### Data for review
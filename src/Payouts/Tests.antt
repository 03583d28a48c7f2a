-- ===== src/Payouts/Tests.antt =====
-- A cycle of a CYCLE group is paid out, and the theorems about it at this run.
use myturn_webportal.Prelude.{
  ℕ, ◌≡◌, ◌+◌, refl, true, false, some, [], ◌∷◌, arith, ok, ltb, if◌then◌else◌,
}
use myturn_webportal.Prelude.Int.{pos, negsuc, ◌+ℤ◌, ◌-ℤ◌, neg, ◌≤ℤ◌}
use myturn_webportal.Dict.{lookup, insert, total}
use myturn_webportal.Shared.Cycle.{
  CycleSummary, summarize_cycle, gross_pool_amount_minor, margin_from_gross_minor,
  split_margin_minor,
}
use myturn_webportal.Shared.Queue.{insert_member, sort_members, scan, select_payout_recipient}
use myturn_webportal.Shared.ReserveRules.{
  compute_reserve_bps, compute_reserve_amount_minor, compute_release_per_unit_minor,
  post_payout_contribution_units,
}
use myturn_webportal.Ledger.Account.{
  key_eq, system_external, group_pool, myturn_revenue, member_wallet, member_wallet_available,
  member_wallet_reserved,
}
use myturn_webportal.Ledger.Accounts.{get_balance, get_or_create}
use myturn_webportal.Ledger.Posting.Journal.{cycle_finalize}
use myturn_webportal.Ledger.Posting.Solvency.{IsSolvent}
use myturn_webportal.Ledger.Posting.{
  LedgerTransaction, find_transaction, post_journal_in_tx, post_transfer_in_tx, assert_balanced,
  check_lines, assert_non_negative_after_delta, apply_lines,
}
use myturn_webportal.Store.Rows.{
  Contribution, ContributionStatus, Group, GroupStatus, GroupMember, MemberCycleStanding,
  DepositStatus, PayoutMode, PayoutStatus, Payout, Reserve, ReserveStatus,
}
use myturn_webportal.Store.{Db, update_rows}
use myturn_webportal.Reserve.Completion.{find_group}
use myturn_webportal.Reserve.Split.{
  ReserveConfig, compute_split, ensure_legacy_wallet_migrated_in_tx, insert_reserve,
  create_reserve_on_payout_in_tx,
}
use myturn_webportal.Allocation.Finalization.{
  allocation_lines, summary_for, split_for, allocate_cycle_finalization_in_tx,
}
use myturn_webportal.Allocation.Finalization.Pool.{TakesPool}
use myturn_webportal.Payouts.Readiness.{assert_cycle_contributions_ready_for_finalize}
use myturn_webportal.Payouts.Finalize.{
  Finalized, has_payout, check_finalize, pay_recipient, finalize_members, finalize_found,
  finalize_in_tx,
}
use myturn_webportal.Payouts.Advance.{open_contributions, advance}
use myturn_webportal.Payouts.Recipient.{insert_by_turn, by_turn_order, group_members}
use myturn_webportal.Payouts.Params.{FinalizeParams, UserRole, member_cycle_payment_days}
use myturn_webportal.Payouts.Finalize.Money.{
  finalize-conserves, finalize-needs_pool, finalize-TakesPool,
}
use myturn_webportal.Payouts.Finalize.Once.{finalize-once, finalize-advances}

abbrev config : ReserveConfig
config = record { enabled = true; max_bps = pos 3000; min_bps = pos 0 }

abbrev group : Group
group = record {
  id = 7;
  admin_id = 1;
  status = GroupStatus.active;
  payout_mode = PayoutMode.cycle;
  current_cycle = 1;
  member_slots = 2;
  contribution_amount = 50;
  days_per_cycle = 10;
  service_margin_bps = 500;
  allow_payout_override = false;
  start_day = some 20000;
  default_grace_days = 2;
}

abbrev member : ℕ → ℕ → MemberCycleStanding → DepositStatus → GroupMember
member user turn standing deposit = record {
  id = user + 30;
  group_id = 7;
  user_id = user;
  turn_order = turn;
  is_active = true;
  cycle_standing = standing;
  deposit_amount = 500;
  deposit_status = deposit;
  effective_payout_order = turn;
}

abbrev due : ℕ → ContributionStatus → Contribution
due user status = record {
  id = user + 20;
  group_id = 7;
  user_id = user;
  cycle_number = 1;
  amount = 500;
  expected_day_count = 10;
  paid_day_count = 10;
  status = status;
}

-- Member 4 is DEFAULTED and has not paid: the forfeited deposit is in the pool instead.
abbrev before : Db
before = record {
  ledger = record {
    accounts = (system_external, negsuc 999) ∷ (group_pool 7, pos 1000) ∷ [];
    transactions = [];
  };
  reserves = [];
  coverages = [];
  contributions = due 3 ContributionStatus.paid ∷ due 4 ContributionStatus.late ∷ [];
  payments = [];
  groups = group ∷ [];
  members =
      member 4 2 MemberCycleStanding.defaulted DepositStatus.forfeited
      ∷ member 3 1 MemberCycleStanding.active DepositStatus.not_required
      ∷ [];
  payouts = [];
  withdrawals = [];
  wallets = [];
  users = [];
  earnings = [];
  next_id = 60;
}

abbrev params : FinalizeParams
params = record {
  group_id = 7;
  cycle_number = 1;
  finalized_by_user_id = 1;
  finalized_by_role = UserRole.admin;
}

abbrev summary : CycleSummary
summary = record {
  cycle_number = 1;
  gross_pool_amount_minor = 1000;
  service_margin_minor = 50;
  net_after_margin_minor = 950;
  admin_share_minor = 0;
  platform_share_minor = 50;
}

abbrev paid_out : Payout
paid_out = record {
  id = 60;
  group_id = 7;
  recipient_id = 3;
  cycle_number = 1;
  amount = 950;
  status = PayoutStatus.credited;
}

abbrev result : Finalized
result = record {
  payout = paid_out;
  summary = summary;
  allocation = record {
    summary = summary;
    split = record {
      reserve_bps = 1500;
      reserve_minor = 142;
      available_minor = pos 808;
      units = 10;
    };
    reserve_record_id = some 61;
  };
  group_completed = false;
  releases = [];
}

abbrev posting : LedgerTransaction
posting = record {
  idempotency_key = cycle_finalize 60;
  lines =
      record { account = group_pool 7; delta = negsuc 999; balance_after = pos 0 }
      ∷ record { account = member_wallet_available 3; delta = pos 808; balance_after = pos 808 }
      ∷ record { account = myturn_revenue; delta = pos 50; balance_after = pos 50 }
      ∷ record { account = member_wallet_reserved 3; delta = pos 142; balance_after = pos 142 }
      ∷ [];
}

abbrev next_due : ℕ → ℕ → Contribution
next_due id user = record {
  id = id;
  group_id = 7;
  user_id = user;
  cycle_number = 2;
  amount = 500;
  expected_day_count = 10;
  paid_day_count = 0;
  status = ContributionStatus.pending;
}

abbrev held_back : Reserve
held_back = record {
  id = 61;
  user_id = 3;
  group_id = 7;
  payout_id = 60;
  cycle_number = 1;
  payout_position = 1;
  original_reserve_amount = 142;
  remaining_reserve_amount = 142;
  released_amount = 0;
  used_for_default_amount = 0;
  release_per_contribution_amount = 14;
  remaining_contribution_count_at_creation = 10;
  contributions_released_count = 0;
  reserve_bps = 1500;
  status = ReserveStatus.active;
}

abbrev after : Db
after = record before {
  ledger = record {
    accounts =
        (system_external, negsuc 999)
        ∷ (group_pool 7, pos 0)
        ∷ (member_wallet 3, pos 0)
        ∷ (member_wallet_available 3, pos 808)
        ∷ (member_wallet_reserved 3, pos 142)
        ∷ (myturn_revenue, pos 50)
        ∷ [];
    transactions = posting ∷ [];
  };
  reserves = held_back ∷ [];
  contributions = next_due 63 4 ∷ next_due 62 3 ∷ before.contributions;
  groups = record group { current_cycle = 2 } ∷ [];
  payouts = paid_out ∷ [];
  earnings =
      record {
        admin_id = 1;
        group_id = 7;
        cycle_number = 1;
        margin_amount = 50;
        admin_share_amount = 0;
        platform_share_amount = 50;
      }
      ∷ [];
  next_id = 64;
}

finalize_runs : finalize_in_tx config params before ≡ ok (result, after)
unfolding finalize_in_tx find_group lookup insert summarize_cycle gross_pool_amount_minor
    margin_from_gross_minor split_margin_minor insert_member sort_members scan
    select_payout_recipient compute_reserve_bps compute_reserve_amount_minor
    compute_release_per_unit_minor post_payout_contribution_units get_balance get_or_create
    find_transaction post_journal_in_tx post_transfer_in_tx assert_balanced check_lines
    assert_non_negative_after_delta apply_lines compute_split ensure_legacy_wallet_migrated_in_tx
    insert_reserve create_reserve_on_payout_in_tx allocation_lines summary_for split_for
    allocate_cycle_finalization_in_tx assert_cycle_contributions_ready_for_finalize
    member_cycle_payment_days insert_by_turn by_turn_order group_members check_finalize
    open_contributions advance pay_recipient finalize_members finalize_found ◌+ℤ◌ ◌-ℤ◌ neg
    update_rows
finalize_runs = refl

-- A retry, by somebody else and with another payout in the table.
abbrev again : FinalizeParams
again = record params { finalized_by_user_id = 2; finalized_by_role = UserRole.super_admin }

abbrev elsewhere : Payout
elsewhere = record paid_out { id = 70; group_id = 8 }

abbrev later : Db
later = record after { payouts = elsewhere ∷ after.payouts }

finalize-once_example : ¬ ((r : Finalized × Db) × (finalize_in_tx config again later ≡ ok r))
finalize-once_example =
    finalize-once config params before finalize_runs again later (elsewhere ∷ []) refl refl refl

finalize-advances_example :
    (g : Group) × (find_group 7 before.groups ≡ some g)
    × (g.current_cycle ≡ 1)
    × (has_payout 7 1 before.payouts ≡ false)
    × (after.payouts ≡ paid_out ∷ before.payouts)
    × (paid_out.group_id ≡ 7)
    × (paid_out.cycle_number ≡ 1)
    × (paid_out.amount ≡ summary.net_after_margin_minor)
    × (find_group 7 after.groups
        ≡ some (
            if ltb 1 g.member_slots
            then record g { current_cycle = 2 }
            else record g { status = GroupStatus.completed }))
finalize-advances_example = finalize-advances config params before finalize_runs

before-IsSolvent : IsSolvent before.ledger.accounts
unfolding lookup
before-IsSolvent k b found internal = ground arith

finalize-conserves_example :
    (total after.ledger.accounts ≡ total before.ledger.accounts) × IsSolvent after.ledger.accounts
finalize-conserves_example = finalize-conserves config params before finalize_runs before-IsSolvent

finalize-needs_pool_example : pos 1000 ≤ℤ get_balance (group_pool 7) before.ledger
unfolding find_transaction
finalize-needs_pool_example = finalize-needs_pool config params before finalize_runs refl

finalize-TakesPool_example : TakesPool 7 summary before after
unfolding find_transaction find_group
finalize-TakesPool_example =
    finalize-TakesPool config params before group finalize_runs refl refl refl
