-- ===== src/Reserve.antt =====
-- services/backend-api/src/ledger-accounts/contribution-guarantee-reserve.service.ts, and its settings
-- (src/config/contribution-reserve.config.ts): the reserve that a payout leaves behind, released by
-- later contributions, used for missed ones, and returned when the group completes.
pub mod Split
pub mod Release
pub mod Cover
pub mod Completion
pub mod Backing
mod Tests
######
▶ Task prompt:
The lines to extract from the data above begin with the line containing "used_for_default_amount = 0;" and end with the line containing "contributions = next_due". Extract them exactly, including both.

▶ Task response:
  used_for_default_amount = 0;
  release_per_contribution_amount = 14;
  remaining_contribution_count_at_creation = 10;
  contributions_released_count = 0;
  reserve_bps = 1500;
  status = ReserveStatus.active;
}

abbrev after : Db
after = record before {
  ledger = record {
    accounts =
        (system_external, negsuc 999)
        ∷ (group_pool 7, pos 0)
        ∷ (member_wallet 3, pos 0)
        ∷ (member_wallet_available 3, pos 808)
        ∷ (member_wallet_reserved 3, pos 142)
        ∷ (myturn_revenue, pos 50)
        ∷ [];
    transactions = posting ∷ [];
  };
  reserves = held_back ∷ [];
  contributions = next_due 63 4 ∷ next_due 62 3 ∷ before.contributions;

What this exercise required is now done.